(Records for this exercise Opens)

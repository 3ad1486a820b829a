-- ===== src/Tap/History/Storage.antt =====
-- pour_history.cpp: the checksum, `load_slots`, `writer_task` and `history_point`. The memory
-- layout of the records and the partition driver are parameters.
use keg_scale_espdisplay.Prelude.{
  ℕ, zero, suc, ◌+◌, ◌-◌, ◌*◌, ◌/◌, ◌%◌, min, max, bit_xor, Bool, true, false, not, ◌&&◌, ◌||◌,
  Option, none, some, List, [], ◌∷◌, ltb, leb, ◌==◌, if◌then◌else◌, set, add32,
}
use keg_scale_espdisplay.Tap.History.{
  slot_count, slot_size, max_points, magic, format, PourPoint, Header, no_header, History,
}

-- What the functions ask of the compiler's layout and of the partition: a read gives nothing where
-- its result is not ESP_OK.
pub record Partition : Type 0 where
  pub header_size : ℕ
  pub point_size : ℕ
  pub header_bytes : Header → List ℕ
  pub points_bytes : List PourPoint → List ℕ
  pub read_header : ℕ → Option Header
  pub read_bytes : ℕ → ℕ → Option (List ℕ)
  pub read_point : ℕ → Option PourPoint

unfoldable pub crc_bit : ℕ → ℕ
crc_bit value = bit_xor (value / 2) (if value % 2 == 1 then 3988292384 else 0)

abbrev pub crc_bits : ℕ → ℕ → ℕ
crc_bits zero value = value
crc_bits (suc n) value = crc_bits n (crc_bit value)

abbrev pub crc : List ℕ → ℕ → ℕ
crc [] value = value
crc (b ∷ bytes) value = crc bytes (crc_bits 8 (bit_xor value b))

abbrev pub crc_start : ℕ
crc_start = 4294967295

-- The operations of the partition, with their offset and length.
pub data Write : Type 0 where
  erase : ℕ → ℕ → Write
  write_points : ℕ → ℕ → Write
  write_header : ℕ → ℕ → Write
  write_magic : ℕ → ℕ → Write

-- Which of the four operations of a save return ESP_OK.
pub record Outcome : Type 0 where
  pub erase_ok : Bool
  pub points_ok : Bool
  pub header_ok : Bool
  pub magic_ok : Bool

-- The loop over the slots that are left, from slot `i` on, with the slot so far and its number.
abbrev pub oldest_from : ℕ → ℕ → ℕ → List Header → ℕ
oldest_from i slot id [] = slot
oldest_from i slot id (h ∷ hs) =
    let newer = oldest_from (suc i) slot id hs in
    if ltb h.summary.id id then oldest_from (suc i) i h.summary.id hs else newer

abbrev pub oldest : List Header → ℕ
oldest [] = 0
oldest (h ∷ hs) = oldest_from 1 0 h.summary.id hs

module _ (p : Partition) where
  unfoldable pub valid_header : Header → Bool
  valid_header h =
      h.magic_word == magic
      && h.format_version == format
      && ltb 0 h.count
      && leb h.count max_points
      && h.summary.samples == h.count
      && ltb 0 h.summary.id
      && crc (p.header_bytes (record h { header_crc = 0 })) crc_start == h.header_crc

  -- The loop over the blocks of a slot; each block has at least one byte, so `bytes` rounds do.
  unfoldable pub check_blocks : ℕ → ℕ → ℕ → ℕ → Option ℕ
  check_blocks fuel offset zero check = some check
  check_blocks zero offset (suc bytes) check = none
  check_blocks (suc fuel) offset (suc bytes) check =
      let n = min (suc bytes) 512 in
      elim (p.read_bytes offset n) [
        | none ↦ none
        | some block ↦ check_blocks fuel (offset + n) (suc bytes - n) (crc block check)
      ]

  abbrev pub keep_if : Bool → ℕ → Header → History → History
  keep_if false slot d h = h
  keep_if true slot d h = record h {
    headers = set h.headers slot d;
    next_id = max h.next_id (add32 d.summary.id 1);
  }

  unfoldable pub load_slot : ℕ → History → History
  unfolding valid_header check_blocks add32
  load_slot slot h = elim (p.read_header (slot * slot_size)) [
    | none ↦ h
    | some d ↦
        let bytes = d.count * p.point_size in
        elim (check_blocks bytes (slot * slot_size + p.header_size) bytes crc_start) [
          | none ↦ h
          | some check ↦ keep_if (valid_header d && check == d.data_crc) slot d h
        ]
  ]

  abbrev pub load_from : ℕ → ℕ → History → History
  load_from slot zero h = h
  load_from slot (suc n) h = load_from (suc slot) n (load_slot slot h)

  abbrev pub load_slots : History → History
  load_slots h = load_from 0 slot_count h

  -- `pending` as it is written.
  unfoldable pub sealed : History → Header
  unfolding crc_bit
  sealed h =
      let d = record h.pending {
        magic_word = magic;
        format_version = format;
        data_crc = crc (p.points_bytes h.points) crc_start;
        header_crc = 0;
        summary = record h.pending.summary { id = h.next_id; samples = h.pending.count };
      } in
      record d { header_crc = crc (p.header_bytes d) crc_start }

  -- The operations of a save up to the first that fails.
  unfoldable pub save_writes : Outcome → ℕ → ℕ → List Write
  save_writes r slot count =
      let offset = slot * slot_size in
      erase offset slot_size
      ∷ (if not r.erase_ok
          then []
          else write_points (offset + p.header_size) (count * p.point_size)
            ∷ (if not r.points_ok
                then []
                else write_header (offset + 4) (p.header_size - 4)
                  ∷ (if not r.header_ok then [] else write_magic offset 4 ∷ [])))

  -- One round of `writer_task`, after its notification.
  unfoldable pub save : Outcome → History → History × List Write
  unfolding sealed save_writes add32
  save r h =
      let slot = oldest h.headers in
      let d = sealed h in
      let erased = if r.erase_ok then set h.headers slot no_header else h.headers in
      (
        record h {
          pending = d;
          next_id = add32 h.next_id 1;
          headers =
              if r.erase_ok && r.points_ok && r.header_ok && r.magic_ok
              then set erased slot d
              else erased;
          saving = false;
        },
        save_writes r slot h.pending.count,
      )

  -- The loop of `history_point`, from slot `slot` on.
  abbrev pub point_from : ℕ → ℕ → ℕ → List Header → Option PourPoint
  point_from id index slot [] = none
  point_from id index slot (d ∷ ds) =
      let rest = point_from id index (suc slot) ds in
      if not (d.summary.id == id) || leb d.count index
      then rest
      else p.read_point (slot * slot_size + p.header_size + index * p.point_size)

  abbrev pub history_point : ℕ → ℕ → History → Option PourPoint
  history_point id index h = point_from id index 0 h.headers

(Records for this exercise Closes)
(Records for this exercise Opens)

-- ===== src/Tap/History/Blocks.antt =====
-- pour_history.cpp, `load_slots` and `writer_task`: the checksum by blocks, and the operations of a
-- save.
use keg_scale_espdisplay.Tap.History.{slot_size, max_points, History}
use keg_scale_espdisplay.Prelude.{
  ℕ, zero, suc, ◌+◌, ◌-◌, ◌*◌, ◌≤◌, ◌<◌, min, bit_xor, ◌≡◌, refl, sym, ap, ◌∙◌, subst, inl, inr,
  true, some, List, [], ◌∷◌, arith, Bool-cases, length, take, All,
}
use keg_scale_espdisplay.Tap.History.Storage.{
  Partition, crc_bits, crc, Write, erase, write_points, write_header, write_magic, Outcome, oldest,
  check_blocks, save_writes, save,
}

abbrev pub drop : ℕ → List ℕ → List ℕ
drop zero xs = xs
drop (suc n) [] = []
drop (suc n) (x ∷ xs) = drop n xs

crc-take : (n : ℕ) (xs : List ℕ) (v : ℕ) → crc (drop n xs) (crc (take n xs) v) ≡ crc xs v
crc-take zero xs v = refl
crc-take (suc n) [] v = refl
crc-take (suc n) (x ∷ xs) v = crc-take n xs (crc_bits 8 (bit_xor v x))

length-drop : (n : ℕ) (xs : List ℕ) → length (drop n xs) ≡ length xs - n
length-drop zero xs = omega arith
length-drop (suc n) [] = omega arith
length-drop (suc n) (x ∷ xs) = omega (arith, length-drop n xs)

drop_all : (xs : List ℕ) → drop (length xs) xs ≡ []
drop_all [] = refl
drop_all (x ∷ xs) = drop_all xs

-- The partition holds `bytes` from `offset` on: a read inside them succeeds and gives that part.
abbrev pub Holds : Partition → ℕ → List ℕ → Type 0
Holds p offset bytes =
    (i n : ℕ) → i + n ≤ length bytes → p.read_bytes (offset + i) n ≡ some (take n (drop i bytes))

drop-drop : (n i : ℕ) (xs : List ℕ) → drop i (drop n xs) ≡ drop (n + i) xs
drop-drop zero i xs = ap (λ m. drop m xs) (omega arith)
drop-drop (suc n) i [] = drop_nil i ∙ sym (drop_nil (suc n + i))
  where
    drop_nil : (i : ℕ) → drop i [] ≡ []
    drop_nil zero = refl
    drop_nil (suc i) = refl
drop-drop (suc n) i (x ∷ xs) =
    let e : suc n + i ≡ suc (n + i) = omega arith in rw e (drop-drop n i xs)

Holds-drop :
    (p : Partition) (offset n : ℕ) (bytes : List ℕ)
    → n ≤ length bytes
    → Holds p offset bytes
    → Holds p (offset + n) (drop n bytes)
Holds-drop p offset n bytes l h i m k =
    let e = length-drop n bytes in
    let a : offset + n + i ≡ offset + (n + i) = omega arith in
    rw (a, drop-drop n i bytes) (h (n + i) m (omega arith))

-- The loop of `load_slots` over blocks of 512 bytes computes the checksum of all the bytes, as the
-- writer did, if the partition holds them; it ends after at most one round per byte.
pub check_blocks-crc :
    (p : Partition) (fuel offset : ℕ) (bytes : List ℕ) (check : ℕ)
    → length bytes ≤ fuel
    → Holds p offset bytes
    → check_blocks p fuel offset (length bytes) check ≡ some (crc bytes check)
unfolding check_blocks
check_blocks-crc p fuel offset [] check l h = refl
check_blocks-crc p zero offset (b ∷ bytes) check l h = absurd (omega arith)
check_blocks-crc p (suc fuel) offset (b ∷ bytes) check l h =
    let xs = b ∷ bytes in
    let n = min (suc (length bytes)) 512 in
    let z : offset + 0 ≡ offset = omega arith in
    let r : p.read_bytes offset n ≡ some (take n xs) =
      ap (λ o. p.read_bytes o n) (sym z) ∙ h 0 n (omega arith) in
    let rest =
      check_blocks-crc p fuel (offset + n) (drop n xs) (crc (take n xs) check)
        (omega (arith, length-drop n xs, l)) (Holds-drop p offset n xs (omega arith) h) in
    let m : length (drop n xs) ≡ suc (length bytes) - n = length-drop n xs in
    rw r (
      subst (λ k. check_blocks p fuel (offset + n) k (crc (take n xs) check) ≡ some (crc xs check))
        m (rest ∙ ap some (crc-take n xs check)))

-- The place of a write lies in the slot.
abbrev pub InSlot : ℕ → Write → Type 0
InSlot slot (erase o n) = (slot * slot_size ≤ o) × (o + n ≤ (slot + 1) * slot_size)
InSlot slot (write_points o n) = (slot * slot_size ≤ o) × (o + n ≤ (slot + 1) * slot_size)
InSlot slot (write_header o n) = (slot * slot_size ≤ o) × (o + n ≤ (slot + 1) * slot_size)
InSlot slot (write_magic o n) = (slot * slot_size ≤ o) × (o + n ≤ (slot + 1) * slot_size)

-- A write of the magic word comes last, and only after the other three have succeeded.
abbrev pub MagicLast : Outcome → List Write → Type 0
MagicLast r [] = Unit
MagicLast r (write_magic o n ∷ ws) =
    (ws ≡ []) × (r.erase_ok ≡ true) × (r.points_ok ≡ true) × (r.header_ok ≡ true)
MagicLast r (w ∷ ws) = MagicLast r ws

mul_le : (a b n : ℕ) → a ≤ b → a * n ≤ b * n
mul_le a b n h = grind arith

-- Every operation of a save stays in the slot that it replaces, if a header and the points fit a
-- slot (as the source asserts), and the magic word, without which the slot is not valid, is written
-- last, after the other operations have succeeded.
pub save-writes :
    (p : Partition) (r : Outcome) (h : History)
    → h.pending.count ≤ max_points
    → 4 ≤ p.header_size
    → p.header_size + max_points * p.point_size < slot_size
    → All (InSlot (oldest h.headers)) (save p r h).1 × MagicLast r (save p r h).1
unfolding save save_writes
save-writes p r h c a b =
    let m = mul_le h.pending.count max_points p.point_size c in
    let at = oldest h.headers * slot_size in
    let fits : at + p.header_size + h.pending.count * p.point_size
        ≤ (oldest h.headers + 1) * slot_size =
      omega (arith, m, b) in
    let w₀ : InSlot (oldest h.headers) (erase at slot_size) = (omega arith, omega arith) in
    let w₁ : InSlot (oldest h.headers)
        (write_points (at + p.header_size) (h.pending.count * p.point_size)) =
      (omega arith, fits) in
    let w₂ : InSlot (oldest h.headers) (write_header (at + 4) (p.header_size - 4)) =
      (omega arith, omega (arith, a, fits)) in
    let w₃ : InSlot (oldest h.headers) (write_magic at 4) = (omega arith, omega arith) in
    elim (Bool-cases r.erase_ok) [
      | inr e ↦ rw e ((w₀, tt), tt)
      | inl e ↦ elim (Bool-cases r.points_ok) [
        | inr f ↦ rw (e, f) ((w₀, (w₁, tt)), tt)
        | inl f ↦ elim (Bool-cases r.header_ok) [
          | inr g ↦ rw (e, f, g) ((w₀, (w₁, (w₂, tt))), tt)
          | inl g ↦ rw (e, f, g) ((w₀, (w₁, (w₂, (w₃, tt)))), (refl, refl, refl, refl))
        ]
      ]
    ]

(Records for this exercise Closes)

- [Problem to solve] Could you transcribe the entries above word for word, from the line with "repository 3ad1486a820b829a" down to the line with "crc_start = 4294967295", keeping both?

- [Answer]
repository 3ad1486a820b829a
-- ===== src/Tap/History/Storage.antt =====
-- pour_history.cpp: the checksum, `load_slots`, `writer_task` and `history_point`. The memory
-- layout of the records and the partition driver are parameters.
use keg_scale_espdisplay.Prelude.{
  ℕ, zero, suc, ◌+◌, ◌-◌, ◌*◌, ◌/◌, ◌%◌, min, max, bit_xor, Bool, true, false, not, ◌&&◌, ◌||◌,
  Option, none, some, List, [], ◌∷◌, ltb, leb, ◌==◌, if◌then◌else◌, set, add32,
}
use keg_scale_espdisplay.Tap.History.{
  slot_count, slot_size, max_points, magic, format, PourPoint, Header, no_header, History,
}

-- What the functions ask of the compiler's layout and of the partition: a read gives nothing where
-- its result is not ESP_OK.
pub record Partition : Type 0 where
  pub header_size : ℕ
  pub point_size : ℕ
  pub header_bytes : Header → List ℕ
  pub points_bytes : List PourPoint → List ℕ
  pub read_header : ℕ → Option Header
  pub read_bytes : ℕ → ℕ → Option (List ℕ)
  pub read_point : ℕ → Option PourPoint

unfoldable pub crc_bit : ℕ → ℕ
crc_bit value = bit_xor (value / 2) (if value % 2 == 1 then 3988292384 else 0)

abbrev pub crc_bits : ℕ → ℕ → ℕ
crc_bits zero value = value
crc_bits (suc n) value = crc_bits n (crc_bit value)

abbrev pub crc : List ℕ → ℕ → ℕ
crc [] value = value
crc (b ∷ bytes) value = crc bytes (crc_bits 8 (bit_xor value b))

abbrev pub crc_start : ℕ
crc_start = 4294967295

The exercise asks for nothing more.